• WHAT YOU WILL DO
Copy every line of the records that includes the word "username".

• MATERIAL SUPPLIED
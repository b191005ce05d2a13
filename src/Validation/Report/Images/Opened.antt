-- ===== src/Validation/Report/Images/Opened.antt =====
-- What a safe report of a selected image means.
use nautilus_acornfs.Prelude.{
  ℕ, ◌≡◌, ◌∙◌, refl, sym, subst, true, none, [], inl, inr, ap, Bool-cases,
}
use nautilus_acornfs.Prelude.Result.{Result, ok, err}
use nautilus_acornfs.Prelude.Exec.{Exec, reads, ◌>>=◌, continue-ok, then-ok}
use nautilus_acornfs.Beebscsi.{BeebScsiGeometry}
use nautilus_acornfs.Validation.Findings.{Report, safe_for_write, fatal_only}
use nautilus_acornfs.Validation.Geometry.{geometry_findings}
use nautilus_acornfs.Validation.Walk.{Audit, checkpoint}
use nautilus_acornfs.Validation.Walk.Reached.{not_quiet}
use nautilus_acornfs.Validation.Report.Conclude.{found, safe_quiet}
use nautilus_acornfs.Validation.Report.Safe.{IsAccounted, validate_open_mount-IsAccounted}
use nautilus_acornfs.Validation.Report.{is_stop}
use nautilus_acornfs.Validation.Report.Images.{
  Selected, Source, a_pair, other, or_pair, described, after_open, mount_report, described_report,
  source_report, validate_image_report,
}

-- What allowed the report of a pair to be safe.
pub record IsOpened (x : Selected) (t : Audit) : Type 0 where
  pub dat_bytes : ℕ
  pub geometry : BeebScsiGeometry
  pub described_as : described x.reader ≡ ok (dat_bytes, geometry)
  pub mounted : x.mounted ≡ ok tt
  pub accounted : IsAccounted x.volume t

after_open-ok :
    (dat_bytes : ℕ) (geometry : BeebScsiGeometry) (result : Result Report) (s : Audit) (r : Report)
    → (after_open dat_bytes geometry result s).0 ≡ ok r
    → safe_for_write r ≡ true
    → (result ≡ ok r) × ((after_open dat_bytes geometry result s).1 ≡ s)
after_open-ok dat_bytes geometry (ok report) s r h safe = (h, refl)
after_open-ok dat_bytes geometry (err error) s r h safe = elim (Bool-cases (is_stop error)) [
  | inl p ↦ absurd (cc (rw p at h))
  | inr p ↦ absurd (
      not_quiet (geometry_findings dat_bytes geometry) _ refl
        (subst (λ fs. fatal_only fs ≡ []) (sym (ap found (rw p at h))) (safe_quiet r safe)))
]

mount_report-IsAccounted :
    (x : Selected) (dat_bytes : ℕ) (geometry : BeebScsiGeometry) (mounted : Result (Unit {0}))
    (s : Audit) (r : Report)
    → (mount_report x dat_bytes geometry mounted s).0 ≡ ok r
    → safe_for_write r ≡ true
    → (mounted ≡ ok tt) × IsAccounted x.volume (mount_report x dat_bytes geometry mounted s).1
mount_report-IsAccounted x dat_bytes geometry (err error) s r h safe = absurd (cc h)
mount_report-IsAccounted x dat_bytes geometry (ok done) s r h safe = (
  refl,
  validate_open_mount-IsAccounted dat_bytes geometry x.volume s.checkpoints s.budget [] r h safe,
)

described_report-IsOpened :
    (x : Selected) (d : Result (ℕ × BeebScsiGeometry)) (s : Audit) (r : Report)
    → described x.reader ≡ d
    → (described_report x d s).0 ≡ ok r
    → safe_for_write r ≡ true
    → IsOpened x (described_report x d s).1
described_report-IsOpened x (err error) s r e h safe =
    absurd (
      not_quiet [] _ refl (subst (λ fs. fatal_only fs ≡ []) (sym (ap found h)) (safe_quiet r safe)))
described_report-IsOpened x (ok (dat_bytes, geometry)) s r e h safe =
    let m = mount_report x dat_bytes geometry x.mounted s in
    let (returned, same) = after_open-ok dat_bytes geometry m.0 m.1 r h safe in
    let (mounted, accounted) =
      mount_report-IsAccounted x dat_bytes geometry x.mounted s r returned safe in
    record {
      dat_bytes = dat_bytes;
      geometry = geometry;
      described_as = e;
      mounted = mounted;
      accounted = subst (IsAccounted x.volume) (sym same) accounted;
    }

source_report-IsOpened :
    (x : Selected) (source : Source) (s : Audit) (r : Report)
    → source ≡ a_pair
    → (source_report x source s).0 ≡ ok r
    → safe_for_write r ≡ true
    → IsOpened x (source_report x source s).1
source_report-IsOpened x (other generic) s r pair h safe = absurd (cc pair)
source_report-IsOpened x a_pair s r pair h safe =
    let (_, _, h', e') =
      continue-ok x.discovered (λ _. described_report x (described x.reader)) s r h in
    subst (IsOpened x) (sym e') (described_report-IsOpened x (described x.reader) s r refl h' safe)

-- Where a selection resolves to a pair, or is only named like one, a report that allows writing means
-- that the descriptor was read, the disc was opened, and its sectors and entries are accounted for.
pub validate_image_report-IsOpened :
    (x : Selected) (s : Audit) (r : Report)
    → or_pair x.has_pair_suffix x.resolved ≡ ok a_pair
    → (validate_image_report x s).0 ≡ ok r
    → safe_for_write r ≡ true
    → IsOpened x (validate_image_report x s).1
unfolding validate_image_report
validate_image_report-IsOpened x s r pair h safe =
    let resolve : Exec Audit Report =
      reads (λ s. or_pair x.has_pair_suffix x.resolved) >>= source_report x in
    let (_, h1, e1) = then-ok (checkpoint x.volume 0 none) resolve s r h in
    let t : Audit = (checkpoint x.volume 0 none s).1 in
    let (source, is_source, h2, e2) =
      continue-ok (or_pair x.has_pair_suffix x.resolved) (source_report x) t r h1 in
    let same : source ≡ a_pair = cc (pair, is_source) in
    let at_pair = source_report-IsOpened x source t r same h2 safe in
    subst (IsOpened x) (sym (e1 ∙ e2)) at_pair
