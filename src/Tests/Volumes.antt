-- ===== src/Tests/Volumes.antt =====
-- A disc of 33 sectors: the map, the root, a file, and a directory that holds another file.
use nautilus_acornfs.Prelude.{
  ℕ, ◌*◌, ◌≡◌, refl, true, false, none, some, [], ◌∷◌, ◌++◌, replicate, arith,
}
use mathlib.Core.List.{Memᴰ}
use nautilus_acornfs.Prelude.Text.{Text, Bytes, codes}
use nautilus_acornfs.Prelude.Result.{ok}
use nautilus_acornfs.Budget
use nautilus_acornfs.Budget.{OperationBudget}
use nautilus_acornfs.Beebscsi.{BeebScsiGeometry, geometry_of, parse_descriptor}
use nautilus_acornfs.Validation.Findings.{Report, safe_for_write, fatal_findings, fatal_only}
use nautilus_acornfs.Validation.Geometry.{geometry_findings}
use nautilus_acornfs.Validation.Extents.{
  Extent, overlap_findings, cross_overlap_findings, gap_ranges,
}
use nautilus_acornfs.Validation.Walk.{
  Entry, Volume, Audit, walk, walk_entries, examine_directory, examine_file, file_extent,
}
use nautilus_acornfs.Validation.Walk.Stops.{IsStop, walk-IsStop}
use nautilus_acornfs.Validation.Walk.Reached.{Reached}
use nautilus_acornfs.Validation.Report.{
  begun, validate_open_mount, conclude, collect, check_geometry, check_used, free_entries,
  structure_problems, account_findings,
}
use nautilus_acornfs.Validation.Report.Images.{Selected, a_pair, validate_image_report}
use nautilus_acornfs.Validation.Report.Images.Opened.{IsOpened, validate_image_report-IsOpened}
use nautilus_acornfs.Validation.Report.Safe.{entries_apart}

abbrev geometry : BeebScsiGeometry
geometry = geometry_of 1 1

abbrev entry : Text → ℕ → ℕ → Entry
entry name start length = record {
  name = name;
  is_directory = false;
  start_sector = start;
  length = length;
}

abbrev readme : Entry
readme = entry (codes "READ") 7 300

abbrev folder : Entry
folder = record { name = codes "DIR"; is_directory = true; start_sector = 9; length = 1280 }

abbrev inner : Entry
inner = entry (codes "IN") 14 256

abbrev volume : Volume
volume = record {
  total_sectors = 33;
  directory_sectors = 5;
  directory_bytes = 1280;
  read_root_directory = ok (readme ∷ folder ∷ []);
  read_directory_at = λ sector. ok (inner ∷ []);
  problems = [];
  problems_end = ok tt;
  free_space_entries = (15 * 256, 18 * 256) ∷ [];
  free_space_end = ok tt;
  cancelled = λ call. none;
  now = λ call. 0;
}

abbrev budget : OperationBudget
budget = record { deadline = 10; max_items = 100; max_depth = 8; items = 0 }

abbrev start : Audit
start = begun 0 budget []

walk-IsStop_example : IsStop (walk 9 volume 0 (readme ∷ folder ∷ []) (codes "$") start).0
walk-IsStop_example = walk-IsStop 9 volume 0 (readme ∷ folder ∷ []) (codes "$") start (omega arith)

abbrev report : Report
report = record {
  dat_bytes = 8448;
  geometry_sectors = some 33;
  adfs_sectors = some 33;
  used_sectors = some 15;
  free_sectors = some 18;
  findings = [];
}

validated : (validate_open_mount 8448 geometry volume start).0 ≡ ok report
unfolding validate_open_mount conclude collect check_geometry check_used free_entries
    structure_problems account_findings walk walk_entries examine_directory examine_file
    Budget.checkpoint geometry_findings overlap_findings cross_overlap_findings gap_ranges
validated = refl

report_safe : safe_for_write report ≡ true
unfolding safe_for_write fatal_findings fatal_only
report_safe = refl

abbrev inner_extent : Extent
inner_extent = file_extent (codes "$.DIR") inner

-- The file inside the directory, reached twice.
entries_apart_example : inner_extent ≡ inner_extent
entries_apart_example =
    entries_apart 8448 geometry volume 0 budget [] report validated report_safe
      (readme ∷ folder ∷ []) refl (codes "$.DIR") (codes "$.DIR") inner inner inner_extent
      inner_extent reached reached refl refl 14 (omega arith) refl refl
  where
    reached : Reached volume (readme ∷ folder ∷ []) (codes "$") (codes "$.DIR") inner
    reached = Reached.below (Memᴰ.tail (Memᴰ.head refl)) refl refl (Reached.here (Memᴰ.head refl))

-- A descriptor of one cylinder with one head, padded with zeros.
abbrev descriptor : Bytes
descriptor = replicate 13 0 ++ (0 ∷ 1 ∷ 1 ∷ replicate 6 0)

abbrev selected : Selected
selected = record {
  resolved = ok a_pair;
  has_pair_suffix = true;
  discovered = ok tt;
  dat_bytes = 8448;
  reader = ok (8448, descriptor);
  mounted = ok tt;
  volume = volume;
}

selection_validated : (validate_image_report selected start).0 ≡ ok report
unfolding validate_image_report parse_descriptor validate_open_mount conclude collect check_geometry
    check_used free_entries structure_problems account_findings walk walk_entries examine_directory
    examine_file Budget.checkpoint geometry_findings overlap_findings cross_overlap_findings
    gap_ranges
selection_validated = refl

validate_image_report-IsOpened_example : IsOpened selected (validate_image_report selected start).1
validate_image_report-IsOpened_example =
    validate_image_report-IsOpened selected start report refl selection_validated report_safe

--

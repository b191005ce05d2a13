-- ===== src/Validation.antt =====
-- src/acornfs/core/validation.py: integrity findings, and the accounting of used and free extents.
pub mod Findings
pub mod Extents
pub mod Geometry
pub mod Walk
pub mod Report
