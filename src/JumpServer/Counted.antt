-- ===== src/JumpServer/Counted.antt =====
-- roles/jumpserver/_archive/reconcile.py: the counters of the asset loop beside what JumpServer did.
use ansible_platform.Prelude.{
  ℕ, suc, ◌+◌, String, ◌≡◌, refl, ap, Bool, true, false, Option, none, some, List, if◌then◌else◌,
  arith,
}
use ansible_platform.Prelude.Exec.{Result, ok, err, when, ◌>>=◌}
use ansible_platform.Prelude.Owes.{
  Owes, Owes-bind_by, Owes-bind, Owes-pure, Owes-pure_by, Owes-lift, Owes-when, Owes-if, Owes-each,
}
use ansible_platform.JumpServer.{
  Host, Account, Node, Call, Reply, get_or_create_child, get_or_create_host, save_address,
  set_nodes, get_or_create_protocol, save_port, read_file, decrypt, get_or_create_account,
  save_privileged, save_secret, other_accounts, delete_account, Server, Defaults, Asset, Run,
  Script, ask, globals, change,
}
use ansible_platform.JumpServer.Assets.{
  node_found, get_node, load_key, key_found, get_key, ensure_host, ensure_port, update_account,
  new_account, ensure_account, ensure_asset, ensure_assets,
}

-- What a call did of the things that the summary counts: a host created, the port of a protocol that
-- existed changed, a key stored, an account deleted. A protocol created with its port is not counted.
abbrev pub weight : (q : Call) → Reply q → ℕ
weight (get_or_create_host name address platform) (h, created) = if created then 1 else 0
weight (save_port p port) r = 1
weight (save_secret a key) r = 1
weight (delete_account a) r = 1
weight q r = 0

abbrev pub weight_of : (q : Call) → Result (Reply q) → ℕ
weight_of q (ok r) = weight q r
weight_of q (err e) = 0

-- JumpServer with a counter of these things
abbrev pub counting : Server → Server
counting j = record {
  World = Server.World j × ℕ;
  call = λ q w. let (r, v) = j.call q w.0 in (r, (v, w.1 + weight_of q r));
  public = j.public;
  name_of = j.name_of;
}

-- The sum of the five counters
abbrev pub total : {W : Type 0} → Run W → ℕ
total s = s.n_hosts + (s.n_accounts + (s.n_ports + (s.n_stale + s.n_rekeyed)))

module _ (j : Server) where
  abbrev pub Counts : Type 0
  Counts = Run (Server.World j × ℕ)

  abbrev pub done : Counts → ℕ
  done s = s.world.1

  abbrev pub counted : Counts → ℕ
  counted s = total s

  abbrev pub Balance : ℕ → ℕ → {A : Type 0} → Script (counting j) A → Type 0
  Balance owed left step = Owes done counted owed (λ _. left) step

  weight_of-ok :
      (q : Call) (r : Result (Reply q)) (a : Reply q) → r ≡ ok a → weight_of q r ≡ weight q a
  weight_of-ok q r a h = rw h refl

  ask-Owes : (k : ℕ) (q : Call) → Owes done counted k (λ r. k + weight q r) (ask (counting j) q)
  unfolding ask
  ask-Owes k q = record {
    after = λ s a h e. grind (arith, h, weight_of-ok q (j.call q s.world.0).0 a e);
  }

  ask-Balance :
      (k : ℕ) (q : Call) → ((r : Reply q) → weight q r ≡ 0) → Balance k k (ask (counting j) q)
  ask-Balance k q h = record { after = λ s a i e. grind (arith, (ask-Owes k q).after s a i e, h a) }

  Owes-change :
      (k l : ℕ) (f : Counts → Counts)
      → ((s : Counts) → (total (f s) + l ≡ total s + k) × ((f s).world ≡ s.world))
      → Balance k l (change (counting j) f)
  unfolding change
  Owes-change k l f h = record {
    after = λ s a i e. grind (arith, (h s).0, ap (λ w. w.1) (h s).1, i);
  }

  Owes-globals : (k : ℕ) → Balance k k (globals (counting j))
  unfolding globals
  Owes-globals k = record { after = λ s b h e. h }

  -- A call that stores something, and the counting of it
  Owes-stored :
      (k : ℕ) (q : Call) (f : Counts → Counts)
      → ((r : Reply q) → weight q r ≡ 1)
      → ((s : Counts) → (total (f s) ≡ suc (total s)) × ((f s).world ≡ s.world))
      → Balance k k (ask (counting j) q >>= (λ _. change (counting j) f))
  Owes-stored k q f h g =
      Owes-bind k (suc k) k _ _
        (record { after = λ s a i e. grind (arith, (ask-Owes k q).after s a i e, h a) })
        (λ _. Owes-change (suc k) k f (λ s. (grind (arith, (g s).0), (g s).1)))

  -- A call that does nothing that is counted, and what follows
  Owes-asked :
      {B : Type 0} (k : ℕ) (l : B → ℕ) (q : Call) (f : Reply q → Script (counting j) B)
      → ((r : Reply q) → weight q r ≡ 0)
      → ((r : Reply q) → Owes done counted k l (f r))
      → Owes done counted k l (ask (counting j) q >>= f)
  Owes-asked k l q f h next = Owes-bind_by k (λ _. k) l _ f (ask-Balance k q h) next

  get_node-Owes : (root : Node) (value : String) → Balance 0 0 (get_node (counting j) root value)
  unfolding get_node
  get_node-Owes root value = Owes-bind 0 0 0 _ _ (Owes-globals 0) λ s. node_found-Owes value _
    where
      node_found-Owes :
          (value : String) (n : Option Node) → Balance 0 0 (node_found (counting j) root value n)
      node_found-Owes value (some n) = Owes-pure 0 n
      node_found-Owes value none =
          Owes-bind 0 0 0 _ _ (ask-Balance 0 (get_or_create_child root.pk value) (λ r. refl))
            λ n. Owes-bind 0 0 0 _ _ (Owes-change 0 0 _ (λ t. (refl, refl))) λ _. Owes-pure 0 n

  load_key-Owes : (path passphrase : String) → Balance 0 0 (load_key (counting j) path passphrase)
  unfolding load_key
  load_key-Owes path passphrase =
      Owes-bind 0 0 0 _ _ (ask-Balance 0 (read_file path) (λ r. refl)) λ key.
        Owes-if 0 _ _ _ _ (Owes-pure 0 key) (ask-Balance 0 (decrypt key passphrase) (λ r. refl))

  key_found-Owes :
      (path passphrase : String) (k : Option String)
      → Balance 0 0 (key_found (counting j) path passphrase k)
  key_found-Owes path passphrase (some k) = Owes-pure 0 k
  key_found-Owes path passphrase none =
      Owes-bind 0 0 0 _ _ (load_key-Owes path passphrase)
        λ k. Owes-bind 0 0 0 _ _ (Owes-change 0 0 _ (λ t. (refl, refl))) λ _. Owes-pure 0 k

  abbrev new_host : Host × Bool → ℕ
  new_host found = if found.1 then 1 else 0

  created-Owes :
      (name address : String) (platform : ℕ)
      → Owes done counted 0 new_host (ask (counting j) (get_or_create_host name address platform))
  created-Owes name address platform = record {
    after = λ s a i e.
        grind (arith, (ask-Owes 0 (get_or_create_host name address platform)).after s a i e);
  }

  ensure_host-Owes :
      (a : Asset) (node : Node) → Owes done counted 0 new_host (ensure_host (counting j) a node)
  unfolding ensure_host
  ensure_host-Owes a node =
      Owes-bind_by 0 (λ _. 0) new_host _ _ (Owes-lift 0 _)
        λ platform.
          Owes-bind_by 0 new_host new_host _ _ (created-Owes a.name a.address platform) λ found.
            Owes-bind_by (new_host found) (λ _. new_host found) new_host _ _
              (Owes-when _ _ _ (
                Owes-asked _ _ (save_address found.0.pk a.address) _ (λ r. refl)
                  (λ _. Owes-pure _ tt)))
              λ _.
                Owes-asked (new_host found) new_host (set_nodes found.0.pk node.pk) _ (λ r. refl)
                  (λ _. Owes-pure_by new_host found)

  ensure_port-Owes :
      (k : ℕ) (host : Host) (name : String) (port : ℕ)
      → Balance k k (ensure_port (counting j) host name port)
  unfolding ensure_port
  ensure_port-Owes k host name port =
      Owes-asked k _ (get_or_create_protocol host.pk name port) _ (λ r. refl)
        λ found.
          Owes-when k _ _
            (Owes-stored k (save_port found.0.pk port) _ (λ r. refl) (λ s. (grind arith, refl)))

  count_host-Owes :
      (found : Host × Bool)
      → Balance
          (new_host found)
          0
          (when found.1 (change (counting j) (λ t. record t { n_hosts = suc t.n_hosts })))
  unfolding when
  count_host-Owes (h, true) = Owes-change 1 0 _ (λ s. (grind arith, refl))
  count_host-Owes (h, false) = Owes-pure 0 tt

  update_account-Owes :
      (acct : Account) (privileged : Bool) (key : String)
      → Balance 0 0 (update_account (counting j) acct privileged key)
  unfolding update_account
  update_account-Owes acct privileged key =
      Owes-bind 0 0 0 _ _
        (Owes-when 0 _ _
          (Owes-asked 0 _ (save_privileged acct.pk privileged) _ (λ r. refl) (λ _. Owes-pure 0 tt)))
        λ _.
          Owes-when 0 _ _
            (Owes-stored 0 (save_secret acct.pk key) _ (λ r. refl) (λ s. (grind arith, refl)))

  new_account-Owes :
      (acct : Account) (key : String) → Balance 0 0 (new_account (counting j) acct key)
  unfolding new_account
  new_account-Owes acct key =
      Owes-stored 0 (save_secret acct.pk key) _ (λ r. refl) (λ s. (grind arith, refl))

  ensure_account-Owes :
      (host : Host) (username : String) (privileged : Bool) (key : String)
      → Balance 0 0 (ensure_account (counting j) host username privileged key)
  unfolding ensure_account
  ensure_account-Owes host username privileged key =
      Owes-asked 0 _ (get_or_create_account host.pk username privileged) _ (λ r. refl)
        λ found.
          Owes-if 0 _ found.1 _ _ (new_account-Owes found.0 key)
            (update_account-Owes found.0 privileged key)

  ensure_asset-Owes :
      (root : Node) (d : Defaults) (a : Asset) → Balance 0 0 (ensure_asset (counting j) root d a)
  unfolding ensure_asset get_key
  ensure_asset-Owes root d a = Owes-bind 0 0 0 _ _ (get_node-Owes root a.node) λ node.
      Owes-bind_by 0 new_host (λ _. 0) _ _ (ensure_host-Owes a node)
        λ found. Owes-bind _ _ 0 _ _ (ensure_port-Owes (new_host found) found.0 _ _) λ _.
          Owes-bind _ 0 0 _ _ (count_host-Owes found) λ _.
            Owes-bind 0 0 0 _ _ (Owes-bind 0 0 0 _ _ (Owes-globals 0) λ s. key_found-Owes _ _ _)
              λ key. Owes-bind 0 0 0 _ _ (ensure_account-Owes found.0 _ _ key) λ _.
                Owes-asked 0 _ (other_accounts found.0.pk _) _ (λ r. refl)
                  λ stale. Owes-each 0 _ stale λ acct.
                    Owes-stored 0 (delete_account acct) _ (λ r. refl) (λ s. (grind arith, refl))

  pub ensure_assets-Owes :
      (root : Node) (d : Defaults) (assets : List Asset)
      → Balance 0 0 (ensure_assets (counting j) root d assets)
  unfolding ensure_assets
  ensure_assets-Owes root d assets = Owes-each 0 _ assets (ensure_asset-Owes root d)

• RESULT FOR THIS EXERCISE
      (host : Host) (username : String) (privileged : Bool) (key : String)
      → Balance 0 0 (ensure_account (counting j) host username privileged key)
  ensure_account-Owes host username privileged key =
      Owes-asked 0 _ (get_or_create_account host.pk username privileged) _ (λ r. refl)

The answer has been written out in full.